MCP-Auth Quickstart¶
Welcome to the Secure MCP server Quickstart guide! This document shows you how to build a secure MCP (Model Context Protocol) server using MCP TypeScript SDK and WSO2 MCP Auth SDK.
You will create an MCP server that:
- Implements authorization with Asgardeo
- Defines a tool that adds two numbers
- Serves a resource that generates a greeting
After completing this guide, you will have a working MCP server that uses OAuth 2.1 according to the MCP auth specification.
[//] STEPS_START
Configure an Application in Asgardeo¶
- Sign in to Asgardeo console and navigate to Applications > New Application.
- Select MCP Client and complete the wizard popup by providing a suitable name and an the authorized redirect URL.
Example
Name : MCPInspectorApp
Authorized redirect URL: http://localhost:6274/oauth/callback
Info
The authorized redirect URL determines where users are sent after login, typically where the client app connecting to the MCP server is running.
For this guide, we'll use "MCP Inspector" to test the MCP server, so we'll use http://localhost:6274/oauth/callback, as the authorized redirect URL.
Make a note of the client-id from the Protocol tab of the registered application. You will need it during the Test the MCP server with auth section of this guide.

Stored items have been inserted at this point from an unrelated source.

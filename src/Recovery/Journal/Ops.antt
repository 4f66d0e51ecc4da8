-- ===== src/Recovery/Journal/Ops.antt =====
-- Chains of operations on the journal of crates/uf-daemon/src/ddr_recovery_journal.rs.
use uflow.Prelude.{◌≡◌, ap, true, Result, ok, err}
use uflow.Recovery.Journal.Frame.{IoError}
use uflow.Recovery.Journal.Store.{AnchoredJournal, Op, ◌>>=◌, ◌>>◌, poisoning}

module _ {ℓ} {A : Type ℓ} (m : Op A) (j : AnchoredJournal) {k : AnchoredJournal} where
  pub poisoning_ok : {a : A} → m j ≡ (ok a, k) → poisoning m j ≡ (ok a, k)
  unfolding poisoning
  poisoning_ok e =
      ap
        (λ (p : Result IoError A × AnchoredJournal).
          let (r, l) = p in
          elim r [ err x ↦ (err x, record l { poisoned = true }) | ok y ↦ (ok y, l) ])
        e

  pub poisoning_err :
      {e : IoError} → m j ≡ (err e, k) → poisoning m j ≡ (err e, record k { poisoned = true })
  unfolding poisoning
  poisoning_err e =
      ap
        (λ (p : Result IoError A × AnchoredJournal).
          let (r, l) = p in
          elim r [ err x ↦ (err x, record l { poisoned = true }) | ok y ↦ (ok y, l) ])
        e

  pub bind_ok {κ} : {B : Type κ} (f : A → Op B) {a : A} → m j ≡ (ok a, k) → (m >>= f) j ≡ f a k
  unfolding ◌>>=◌
  bind_ok f e =
      ap
        (λ (p : Result IoError A × AnchoredJournal).
          let (r, l) = p in elim r [ err x ↦ (err x, l) | ok y ↦ f y l ])
        e

  pub bind_err {κ} :
      {B : Type κ} (f : A → Op B) {e : IoError} → m j ≡ (err e, k) → (m >>= f) j ≡ (err e, k)
  unfolding ◌>>=◌
  bind_err f e =
      ap
        (λ (p : Result IoError A × AnchoredJournal).
          let (r, l) = p in elim r [ err x ↦ (err x, l) | ok y ↦ f y l ])
        e

module _ (m : Op (Unit {0})) (j : AnchoredJournal) {k : AnchoredJournal} where
  pub then_ok {κ} : {B : Type κ} (f : Op B) → m j ≡ (ok tt, k) → (m >> f) j ≡ f k
  unfolding ◌>>◌
  then_ok f e =
      ap
        (λ (p : Result IoError (Unit {0}) × AnchoredJournal).
          let (r, l) = p in elim r [ err x ↦ (err x, l) | ok y ↦ f l ])
        e

  pub then_err {κ} :
      {B : Type κ} (f : Op B) {e : IoError} → m j ≡ (err e, k) → (m >> f) j ≡ (err e, k)
  unfolding ◌>>◌
  then_err f e =
      ap
        (λ (p : Result IoError (Unit {0}) × AnchoredJournal).
          let (r, l) = p in elim r [ err x ↦ (err x, l) | ok y ↦ f l ])
        e
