-- ===== src/Recovery/Journal/Ledger.antt =====
-- What the two files of crates/uf-daemon/src/ddr_recovery_journal.rs hold: the chain of the records, and the head.
use uflow.Prelude.{
  ℕ, zero, suc, ◌+◌, ◌≤◌, ◌<◌, ◌≡◌, refl, sym, ap, ◌∙◌, List, [], ◌∷◌, true, false, Result, ok, All,
  arith, ltb, ◌==◌, length, take, bytes_beq_refl, u64_mod,
}
use native.Mathlib.Nat.{suc-add}
use uflow.Recovery.Journal.Checksum.{crc64, crc64_below}
use uflow.Recovery.Journal.Frame.{IoError, checked_bytes, max_journal}
use uflow.Recovery.Journal.Chain.{
  Entry, Fits, chain_bytes, chain_frames, chain_end, scan-chain_bytes, length-whole,
}
use uflow.Recovery.Journal.Head.{
  Mode, clean, dirty, Head, same_head, same_mode, encode_head, is_inconsistent,
}
use uflow.Recovery.Journal.HeadTrip.{Narrow}
use uflow.Recovery.Journal.HeadText.{read_head-encode_head}
use uflow.Recovery.Journal.Ops.{poisoning_ok}
use uflow.Recovery.Journal.Store.{
  AnchoredJournal, parse_frames, check_frames, check_head_of, read_head, verify, verify_inner,
  opening, is_unanchored, is_unclean, poisoning, ◌>>=◌, ◌>>◌,
}

-- The journal is the chain of the entries and the head describes it.
pub record Logs (j : AnchoredJournal) (es : List Entry) : Type 0 where
  pub live : j.poisoned ≡ false
  pub bytes : j.journal ≡ chain_bytes 0 0 es
  pub kept : j.state ≡ encode_head j.head
  pub counted : j.head.sequence ≡ length es
  pub sized : j.head.offset ≡ length (chain_bytes 0 0 es)
  pub summed : j.head.checksum ≡ chain_end 0 0 es
  pub fitting : All Fits es
  pub bounded : j.head.offset ≤ max_journal
  pub consistent : is_inconsistent j.head ≡ false
  pub anchored : is_unanchored j.head (chain_frames 0 0 es) ≡ false
  pub ended : is_unclean j.head (chain_frames 0 0 es) ≡ false

pub length-chain_bytes :
    (sequence previous : ℕ) (es : List Entry)
    → length es ≤ length (chain_bytes sequence previous es)
unfolding chain_bytes
length-chain_bytes sequence previous [] = omega arith
length-chain_bytes sequence previous ((kind, payload) ∷ es) =
    let sum = crc64 (checked_bytes kind (sequence + 1) previous payload) in
    omega (
      arith,
      length-whole sequence previous kind payload (chain_bytes (sequence + 1) sum es),
      length-chain_bytes (sequence + 1) sum es,
    )

pub chain_end_below :
    (sequence previous : ℕ) (es : List Entry)
    → previous < u64_mod
    → chain_end sequence previous es < u64_mod
unfolding chain_end
chain_end_below sequence previous [] small = small
chain_end_below sequence previous ((kind, payload) ∷ es) small =
    chain_end_below (sequence + 1) (crc64 (checked_bytes kind (sequence + 1) previous payload)) es
      (crc64_below (checked_bytes kind (sequence + 1) previous payload))

same_head_refl : (h : Head) → same_head h h ≡ true
unfolding same_head
same_head_refl h = ground (arith, bytes_beq_refl h.broker, same_mode_refl h.mode)
  where
    same_mode_refl : (m : Mode) → same_mode m m ≡ true
    same_mode_refl clean = refl
    same_mode_refl dirty = refl

take_past : (n : ℕ) (bytes : List ℕ) → n ≡ length bytes → take (n + 1) bytes ≡ bytes
take_past n [] e = ground arith
take_past zero (b ∷ bs) e = absurd (omega arith)
take_past (suc n) (b ∷ bs) e = rw suc-add (ap (◌∷◌ b) (take_past n bs (omega (arith, e))))

-- A live journal is verified, and an operation that succeeds does not poison it.
pub verify-live :
    (pins : Result IoError (Unit {0})) (j : AnchoredJournal)
    → j.poisoned ≡ false
    → verify pins j ≡ poisoning (verify_inner pins) j
unfolding verify
verify-live pins j live = ground (arith, live)

module _ (j : AnchoredJournal) (es : List Entry) (logs : Logs j es) where
  pub few : length es ≤ max_journal
  few = omega (arith, logs.bounded, logs.sized, length-chain_bytes 0 0 es)

  pub head-Narrow : Narrow j.head
  unfolding is_inconsistent
  head-Narrow = record {
    sequence = omega (arith, logs.counted, few);
    offset = omega (arith, logs.bounded);
    checksum = rw logs.summed (chain_end_below 0 0 es (omega arith));
    clean_sequence = ground (arith, logs.consistent, logs.counted, few);
  }

  pub head_read : read_head j.state ≡ ok j.head
  head_read = rw logs.kept (read_head-encode_head j.head head-Narrow logs.consistent)

  frames_checked :
      check_frames j.head (chain_frames 0 0 es, 0 + length es, chain_end 0 0 es)
      ≡ ok (chain_frames 0 0 es)
  unfolding check_frames
  frames_checked = rw (logs.anchored, logs.ended, same_count, same_sum) refl
    where
      same_count : (0 + length es == j.head.sequence) ≡ true
      same_count = ground (arith, logs.counted)

      same_sum : (chain_end 0 0 es == j.head.checksum) ≡ true
      same_sum = ground (arith, logs.summed)

  pub frames_parsed : parse_frames j.journal j.head ≡ ok (chain_frames 0 0 es)
  unfolding parse_frames
  frames_parsed =
      rw
        (
          logs.bytes,
          same_size,
          within,
          scan-chain_bytes (length (chain_bytes 0 0 es)) 0 0 es (length-chain_bytes 0 0 es)
              (omega (arith, few)) (omega arith) logs.fitting,
        )
        frames_checked
    where
      same_size : (length (chain_bytes 0 0 es) == j.head.offset) ≡ true
      same_size = ground (arith, logs.sized)

      within : ltb max_journal j.head.offset ≡ false
      within = ground (arith, logs.bounded)

  all_taken : take (j.head.offset + 1) j.journal ≡ j.journal
  all_taken = take_past j.head.offset j.journal (logs.sized ∙ ap length (sym logs.bytes))

  same_length : (length j.journal == j.head.offset) ≡ true
  same_length = ground (arith, logs.sized, logs.bytes)

  head_checked : check_head_of j j.head ≡ ok (chain_frames 0 0 es)
  unfolding check_head_of
  head_checked = rw (same_head_refl j.head, same_length, all_taken) frames_parsed

  inner_verified : verify_inner (ok tt) j ≡ (ok (chain_frames 0 0 es), j)
  unfolding verify_inner ◌>>=◌ ◌>>◌
  inner_verified = rw (◌>>=◌, ◌>>◌, head_read, head_checked) refl

  pub verify-Logs : verify (ok tt) j ≡ (ok (chain_frames 0 0 es), j)
  verify-Logs =
      verify-live (ok tt) j logs.live ∙ poisoning_ok (verify_inner (ok tt)) j inner_verified

  -- The files of a journal in use open as the journal.
  pub opening-Logs : opening (ok tt) j.journal j.state ≡ ok j
  unfolding opening
  opening-Logs =
      rw (opening, head_read, same_length, within, all_taken, frames_parsed)
        (ground (arith, logs.live))
    where
      within : ltb max_journal j.head.offset ≡ false
      within = ground (arith, logs.bounded)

Create a Simple MCP server¶
Create a directory called mcp-auth-quickstart by running the following commands.
mkdir mcp-auth-quickstart
cd mcp-auth-quickstart
Then initialize a Node.js project using the following command.
npm init -y
yarn init -y
nnpm init -y
Now open the package.json file and replace the existing content with the following given content.
{
"name": "mcp-auth-quickstart",
"version": "1.0.0",
"type": "module",
"main": "server.ts",
"scripts": {
"start": "npx tsx server.ts"
}
}
Install the following dependencies.
npm install typescript tsx express zod @modelcontextprotocol/sdk
npm install --save-dev @types/express @types/node @types/cors
yarn add typescript tsx express zod @modelcontextprotocol/sdk
yarn add --dev @types/express @types/node @types/cors
nnpm install typescript tsx express zod @modelcontextprotocol/sdk
nnpm install --save-dev @types/express @types/node @types/cors
Initialize the TypeScript configuration by running the following command.
npx tsc --init
yarn tsc --init
nnpm tsc --init
Update the tsconfig.json file with the following settings.
{
"compilerOptions": {
"target": "ES2020",
"module": "commonjs",
"strict": true,
"esModuleInterop": true,
"skipLibCheck": true,
"forceConsistentCasingInFileNames": true
}
}
Create server.ts in the root and add the code below. This implements a Streamable-HTTP MCP server with a basic tool (addition) and resource (greeting), plus CORS handling to avoid cross-origin errors when testing with browser clients.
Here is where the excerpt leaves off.